I left academia over what it was becoming, which is little more than diploma mills
If it didnt become that, then it would have been a great conspiracy of men against women… if women didnt take over academia and politicize it to the far left for communism, it would be a fascist institution against womenkind…
now the men as a group dont care so much
look how they dont even stand up for their own country any more
mostly cause it isnt their own, and they have no reason to
Wait till the real fighting begins, hard to convince them to save what didnt want them, calls them horrid names, and in general hates them
I don’t see the point of any federal spending on public schools. In fact, I favor universal vouchers, and if the public schools wither away in competition with voucher-funded private schools, so much the better. Glorified overpriced child-care centers that funnel money to the Democratic Party through ossified teachers’ unions, when they’re not engaged in out-and-out BS indoctrination.
Art Deco: “As for the Department of Education, append the National Assessment of Educational Progress and the statistical collection services to the Labor Department; […] Terminate every other program of the Education Department and SHUT IT DOWN.”
This. Although I’d suggest shutting down the Department of Labor as well and moving (some of) its functions to Commerce.
“Again, teacher-training, social work, and library administration are the obtrusive targets.”
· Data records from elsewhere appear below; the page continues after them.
-- ===== src/Tests/Hashes.antt =====
-- The theorems on the hash at concrete inputs.
use haste.Prelude.{ℕ, ◌≡◌, refl, arith, [], ◌∷◌}
use haste.FxHash.{add_u64_to_hash, hash_bytes}
use haste.FxHash.Injective.{add_u64_to_hash-injective, hash_bytes_one_byte}

hash_of_a : hash_bytes (b'a' ∷ []) ≡ 0xe0456665d3e60275
unfolding hash_bytes add_u64_to_hash
hash_of_a = refl

add_u64_to_hash-injective_example :
    (◌≡◌ {A = ℕ} 1 1 → ◌≡◌ {A = ℕ} 7 7) × (◌≡◌ {A = ℕ} 7 7 → ◌≡◌ {A = ℕ} 1 1)
add_u64_to_hash-injective_example =
    add_u64_to_hash-injective 1 1 7 7 (omega arith) (omega arith) (omega arith) (omega arith) refl

hash_bytes_one_byte_example : ◌≡◌ {A = ℕ} b'x' b'x'
hash_bytes_one_byte_example =
    hash_bytes_one_byte (b'm' ∷ b'_' ∷ []) (b'1' ∷ []) b'x' b'x' (omega arith) (omega arith)
      (omega arith) refl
Eh, watch it. Ex-associate professor of “library administration” here. Seriously, can’t disagree. Librarianship involves some practical skills that people do still depend on and appreciate, but those could be acquired on the job and without the ideological baggage. History of information management (an interesting topic, actually)? Read about it on your own. IT chops? Get those at a community college, technical college, or college of engineering. One of our best system administrators–and best writers–has a two-year technical degree from a local community college in a very poor part of a very poor state. Librarianship today may be an obsolete career path, although I would argue that the special-collections-and-archives track still has mileage left. Politically, it is a left-wing swamp.
Speaking about higher education, I think those who are going the premedical route should be on a track system that’s two to three years for undergraduate. Many non-traditional students who apply to medical school are given advice to complete a postbacc pathway which can take anywhere between two to three years if they work full-time during studying. This would save a year or two for the premedical student. Hypothetically he’d enter medical school at 20/21, enter residency at 24/25 where he can be done at around 29/30 depending if he takes the longest residency (general surgery).